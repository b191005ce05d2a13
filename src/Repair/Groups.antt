-- ===== src/Repair/Groups.antt =====
-- The groups of a plan.
use nautilus_acornfs.Prelude.{
  ◌≡◌, refl, inl, inr, true, Option, none, some, List, [], ◌∷◌, any, Bool-cases,
}
use mathlib.Core.List.{Memᴰ}
use mathlib.Core.List.Memᴰ
use nautilus_acornfs.Prelude.Text.{Text, text_eq, text_eq_sound}
use nautilus_acornfs.Validation.Findings.{Finding}
use nautilus_acornfs.Repair.{
  Template, Group, add_once, add_path, add_to, put, put_template, grouped, template_for,
}

any-Memᴰ : (x : Text) (xs : List Text) → any (text_eq x) xs ≡ true → Memᴰ x xs
any-Memᴰ x [] h = absurd (cc h)
any-Memᴰ x (y ∷ ys) h = elim (Bool-cases (text_eq x y)) [
  | inl p ↦ Memᴰ.head (text_eq_sound x y p)
  | inr p ↦ Memᴰ.tail (any-Memᴰ x ys (rw p at h))
]

add_once-Memᴰ : (x : Text) (xs : List Text) → Memᴰ x (add_once x xs)
add_once-Memᴰ x xs = elim (Bool-cases (any (text_eq x) xs)) [
  | inl p ↦ rw p (any-Memᴰ x xs p)
  | inr p ↦ rw p (Memᴰ.append_right xs (Memᴰ.head refl))
]

Memᴰ-add_once : (x y : Text) (xs : List Text) → Memᴰ y xs → Memᴰ y (add_once x xs)
Memᴰ-add_once x y xs m = elim (Bool-cases (any (text_eq x) xs)) [
  | inl p ↦ rw p m
  | inr p ↦ rw p (Memᴰ.append_left (x ∷ []) m)
]

-- A path that a finding names is among the paths; an empty one is not named.
abbrev pub HasPath : Option Text → List Text → Type 0
HasPath none paths = Unit
HasPath (some []) paths = Unit
HasPath (some (c ∷ path)) paths = Memᴰ (c ∷ path) paths

add_path-HasPath : (path : Option Text) (paths : List Text) → HasPath path (add_path path paths)
add_path-HasPath none paths = tt
add_path-HasPath (some []) paths = tt
add_path-HasPath (some (c ∷ path)) paths = add_once-Memᴰ (c ∷ path) paths

Memᴰ-add_path :
    (path : Option Text) (y : Text) (paths : List Text)
    → Memᴰ y paths
    → Memᴰ y (add_path path paths)
Memᴰ-add_path none y paths m = m
Memᴰ-add_path (some []) y paths m = m
Memᴰ-add_path (some (c ∷ path)) y paths m = Memᴰ-add_once (c ∷ path) y paths m

pub HasPath-imp :
    (p : Option Text) (xs ys : List Text)
    → ((y : Text) → Memᴰ y xs → Memᴰ y ys)
    → HasPath p xs
    → HasPath p ys
HasPath-imp none xs ys f h = tt
HasPath-imp (some []) xs ys f h = tt
HasPath-imp (some (c ∷ path)) xs ys f h = f (c ∷ path) h

-- A group of an action that has gathered a finding.
pub record Gathered (action : Text) (f : Finding) (groups : List Group) : Type 0 where
  pub group : Group
  pub member : Memᴰ group groups
  pub same : group.template.action ≡ action
  pub code : Memᴰ f.code group.codes
  pub path : HasPath f.path group.paths

Gathered-tail :
    (action : Text) (f : Finding) (g : Group) (groups : List Group)
    → Gathered action f groups
    → Gathered action f (g ∷ groups)
Gathered-tail action f g groups h = record {
  group = h.group;
  member = Memᴰ.tail h.member;
  same = h.same;
  code = h.code;
  path = h.path;
}

put-Gathered :
    (t : Template) (f : Finding) (groups : List Group) → Gathered t.action f (put t f groups)
unfolding put
put-Gathered t f [] = record {
  group = add_to f (record { template = t; codes = []; paths = [] });
  member = Memᴰ.head refl;
  same = refl;
  code = add_once-Memᴰ f.code [];
  path = add_path-HasPath f.path [];
}
put-Gathered t f (g ∷ groups) = elim (Bool-cases (text_eq g.template.action t.action)) [
  | inl p ↦ rw p (record {
    group = add_to f g;
    member = Memᴰ.head refl;
    same = text_eq_sound g.template.action t.action p;
    code = add_once-Memᴰ f.code g.codes;
    path = add_path-HasPath f.path g.paths;
  })
  | inr p ↦ rw p (Gathered-tail t.action f g (put t f groups) (put-Gathered t f groups))
]

-- What is gathered stays when another finding is put.
add_to-Gathered :
    (action : Text) (f f' : Finding) (g : Group) (groups : List Group)
    → Gathered action f (g ∷ groups)
    → Gathered action f (add_to f' g ∷ groups)
add_to-Gathered action f f' g groups h = elim (Memᴰ.cases_cons h.member) [
  | inl e ↦ record {
    group = add_to f' g;
    member = Memᴰ.head refl;
    same = rw (← e) h.same;
    code = Memᴰ-add_once f'.code f.code g.codes (rw (← e) h.code);
    path =
        HasPath-imp f.path g.paths (add_path f'.path g.paths) (λ y. Memᴰ-add_path f'.path y g.paths)
          (rw (← e) h.path);
  }
  | inr m ↦ record {
    group = h.group;
    member = Memᴰ.tail m;
    same = h.same;
    code = h.code;
    path = h.path;
  }
]

put-Gathered_old :
    (action : Text) (t : Template) (f f' : Finding) (groups : List Group)
    → Gathered action f groups
    → Gathered action f (put t f' groups)
unfolding put
put-Gathered_old action t f f' [] h = absurd (Memᴰ.not-nil h.member)
put-Gathered_old action t f f' (g ∷ groups) h =
    elim (Bool-cases (text_eq g.template.action t.action)) [
      | inl p ↦ rw p (add_to-Gathered action f f' g groups h)
      | inr p ↦ rw p (elim (Memᴰ.cases_cons h.member) [
        | inl e ↦ record {
          group = h.group;
          member = Memᴰ.head e;
          same = h.same;
          code = h.code;
          path = h.path;
        }
        | inr m ↦ Gathered-tail action f g (put t f' groups) (
            put-Gathered_old action t f f' groups
              (record { group = h.group; member = m; same = h.same; code = h.code; path = h.path }))
      ])
    ]

put_template-Gathered :
    (action : Text) (t : Option Template) (f f' : Finding) (groups : List Group)
    → Gathered action f groups
    → Gathered action f (put_template t f' groups)
put_template-Gathered action none f f' groups h = h
put_template-Gathered action (some t) f f' groups h = put-Gathered_old action t f f' groups h

grouped-Gathered_old :
    (action : Text) (f : Finding) (findings : List Finding) (groups : List Group)
    → Gathered action f groups
    → Gathered action f (grouped findings groups)
unfolding grouped
grouped-Gathered_old action f [] groups h = h
grouped-Gathered_old action f (f' ∷ findings) groups h =
    grouped-Gathered_old action f findings (put_template (template_for f'.code) f' groups)
      (put_template-Gathered action (template_for f'.code) f f' groups h)

pub grouped-Gathered :
    (t : Template) (f : Finding) (findings : List Finding) (groups : List Group)
    → Memᴰ f findings
    → template_for f.code ≡ some t
    → Gathered t.action f (grouped findings groups)
unfolding grouped
grouped-Gathered t f [] groups m e = absurd (Memᴰ.not-nil m)
grouped-Gathered t f (f' ∷ findings) groups m e = elim (Memᴰ.cases_cons m) [
  | inl same ↦
      rw (← same, e)
        (grouped-Gathered_old t.action f findings (put t f groups) (put-Gathered t f groups))
  | inr m' ↦ grouped-Gathered t f findings (put_template (template_for f'.code) f' groups) m' e
]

WORK TO COMPLETE:
All the material, top to bottom: write it out again precisely.

ANSWER BOX:
repository b191005ce05d2a13
filename src/Repair/Groups.antt
-- ===== src/Repair/Groups.antt =====
-- The groups of a plan.
use nautilus_acornfs.Prelude.{
  ◌≡◌, refl, inl, inr, true, Option, none, some, List, [], ◌∷◌, any, Bool-cases,
}
use mathlib.Core.List.{Memᴰ}
use mathlib.Core.List.Memᴰ
use nautilus_acornfs.Prelude.Text.{Text, text_eq, text_eq_sound}
use nautilus_acornfs.Validation.Findings.{Finding}
use nautilus_acornfs.Repair.{
  Template, Group, add_once, add_path, add_to, put, put_template, grouped, template_for,
}

any-Memᴰ : (x : Text) (xs : List Text) → any (text_eq x) xs ≡ true → Memᴰ x xs
any-Memᴰ x [] h = absurd (cc h)
any-Memᴰ x (y ∷ ys) h = elim (Bool-cases (text_eq x y)) [
  | inl p ↦ Memᴰ.head (text_eq_sound x y p)
  | inr p ↦ Memᴰ.tail (any-Memᴰ x ys (rw p at h))
]

add_once-Memᴰ : (x : Text) (xs : List Text) → Memᴰ x (add_once x xs)
add_once-Memᴰ x xs = elim (Bool-cases (any (text_eq x) xs)) [
  | inl p ↦ rw p (any-Memᴰ x xs p)
  | inr p ↦ rw p (Memᴰ.append_right xs (Memᴰ.head refl))
]

Memᴰ-add_once : (x y : Text) (xs : List Text) → Memᴰ y xs → Memᴰ y (add_once x xs)
Memᴰ-add_once x y xs m = elim (Bool-cases (any (text_eq x) xs)) [
  | inl p ↦ rw p m
  | inr p ↦ rw p (Memᴰ.append_left (x ∷ []) m)
]

-- A path that a finding names is among the paths; an empty one is not named.
abbrev pub HasPath : Option Text → List Text → Type 0
HasPath none paths = Unit
HasPath (some []) paths = Unit
HasPath (some (c ∷ path)) paths = Memᴰ (c ∷ path) paths

add_path-HasPath : (path : Option Text) (paths : List Text) → HasPath path (add_path path paths)
add_path-HasPath none paths = tt
add_path-HasPath (some []) paths = tt
add_path-HasPath (some (c ∷ path)) paths = add_once-Memᴰ (c ∷ path) paths

Memᴰ-add_path :
    (path : Option Text) (y : Text) (paths : List Text)
    → Memᴰ y paths
    → Memᴰ y (add_path path paths)
Memᴰ-add_path none y paths m = m
Memᴰ-add_path (some []) y paths m = m
Memᴰ-add_path (some (c ∷ path)) y paths m = Memᴰ-add_once (c ∷ path) y paths m

pub HasPath-imp :
    (p : Option Text) (xs ys : List Text)
    → ((y : Text) → Memᴰ y xs → Memᴰ y ys)
    → HasPath p xs
    → HasPath p ys
HasPath-imp none xs ys f h = tt
HasPath-imp (some []) xs ys f h = tt
HasPath-imp (some (c ∷ path)) xs ys f h = f (c ∷ path) h

-- A group of an action that has gathered a finding.
pub record Gathered (action : Text) (f : Finding) (groups : List Group) : Type 0 where
  pub group : Group
  pub member : Memᴰ group groups
  pub same : group.template.action ≡ action
  pub code : Memᴰ f.code group.codes
  pub path : HasPath f.path group.paths

Gathered-tail :
    (action : Text) (f : Finding) (g : Group) (groups : List Group)
    → Gathered action f groups
    → Gathered action f (g ∷ groups)
Gathered-tail action f g groups h = record {
  group = h.group;
  member = Memᴰ.tail h.member;
  same = h.same;
  code = h.code;
  path = h.path;
}

put-Gathered :
    (t : Template) (f : Finding) (groups : List Group) → Gathered t.action f (put t f groups)
unfolding put
put-Gathered t f [] = record {
  group = add_to f (record { template = t; codes = []; paths = [] });
  member = Memᴰ.head refl;
  same = refl;
  code = add_once-Memᴰ f.code [];
  path = add_path-HasPath f.path [];
}
put-Gathered t f (g ∷ groups) = elim (Bool-cases (text_eq g.template.action t.action)) [
  | inl p ↦ rw p (record {
    group = add_to f g;
    member = Memᴰ.head refl;
    same = text_eq_sound g.template.action t.action p;
    code = add_once-Memᴰ f.code g.codes;
    path = add_path-HasPath f.path g.paths;
  })
  | inr p ↦ rw p (Gathered-tail t.action f g (put t f groups) (put-Gathered t f groups))
]

-- What is gathered stays when another finding is put.
add_to-Gathered :
    (action : Text) (f f' : Finding) (g : Group) (groups : List Group)
    → Gathered action f (g ∷ groups)
    → Gathered action f (add_to f' g ∷ groups)
add_to-Gathered action f f' g groups h = elim (Memᴰ.cases_cons h.member) [
  | inl e ↦ record {
    group = add_to f' g;
    member = Memᴰ.head refl;
    same = rw (← e) h.same;
    code = Memᴰ-add_once f'.code f.code g.codes (rw (← e) h.code);
    path =
        HasPath-imp f.path g.paths (add_path f'.path g.paths) (λ y. Memᴰ-add_path f'.path y g.paths)
          (rw (← e) h.path);
  }
  | inr m ↦ record {
    group = h.group;
    member = Memᴰ.tail m;
    same = h.same;
    code = h.code;
    path = h.path;
  }
]

put-Gathered_old :
    (action : Text) (t : Template) (f f' : Finding) (groups : List Group)
    → Gathered action f groups
    → Gathered action f (put t f' groups)
unfolding put
put-Gathered_old action t f f' [] h = absurd (Memᴰ.not-nil h.member)
put-Gathered_old action t f f' (g ∷ groups) h =
    elim (Bool-cases (text_eq g.template.action t.action)) [
      | inl p ↦ rw p (add_to-Gathered action f f' g groups h)
      | inr p ↦ rw p (elim (Memᴰ.cases_cons h.member) [
        | inl e ↦ record {
          group = h.group;
          member = Memᴰ.head e;
          same = h.same;
          code = h.code;
          path = h.path;
        }
        | inr m ↦ Gathered-tail action f g (put t f' groups) (
            put-Gathered_old action t f f' groups
              (record { group = h.group; member = m; same = h.same; code = h.code; path = h.path }))
      ])
    ]

put_template-Gathered :
    (action : Text) (t : Option Template) (f f' : Finding) (groups : List Group)
    → Gathered action f groups
    → Gathered action f (put_template t f' groups)
put_template-Gathered action none f f' groups h = h
put_template-Gathered action (some t) f f' groups h = put-Gathered_old action t f f' groups h

grouped-Gathered_old :
    (action : Text) (f : Finding) (findings : List Finding) (groups : List Group)
    → Gathered action f groups
    → Gathered action f (grouped findings groups)
unfolding grouped
grouped-Gathered_old action f [] groups h = h
grouped-Gathered_old action f (f' ∷ findings) groups h =
    grouped-Gathered_old action f findings (put_template (template_for f'.code) f' groups)
      (put_template-Gathered action (template_for f'.code) f f' groups h)

pub grouped-Gathered :
    (t : Template) (f : Finding) (findings : List Finding) (groups : List Group)
    → Memᴰ f findings
    → template_for f.code ≡ some t
    → Gathered t.action f (grouped findings groups)
unfolding grouped
grouped-Gathered t f [] groups m e = absurd (Memᴰ.not-nil m)
grouped-Gathered t f (f' ∷ findings) groups m e = elim (Memᴰ.cases_cons m) [
  | inl same ↦
      rw (← same, e)
        (grouped-Gathered_old t.action f findings (put t f groups) (put-Gathered t f groups))
  | inr m' ↦ grouped-Gathered t f findings (put_template (template_for f'.code) f' groups) m' e
]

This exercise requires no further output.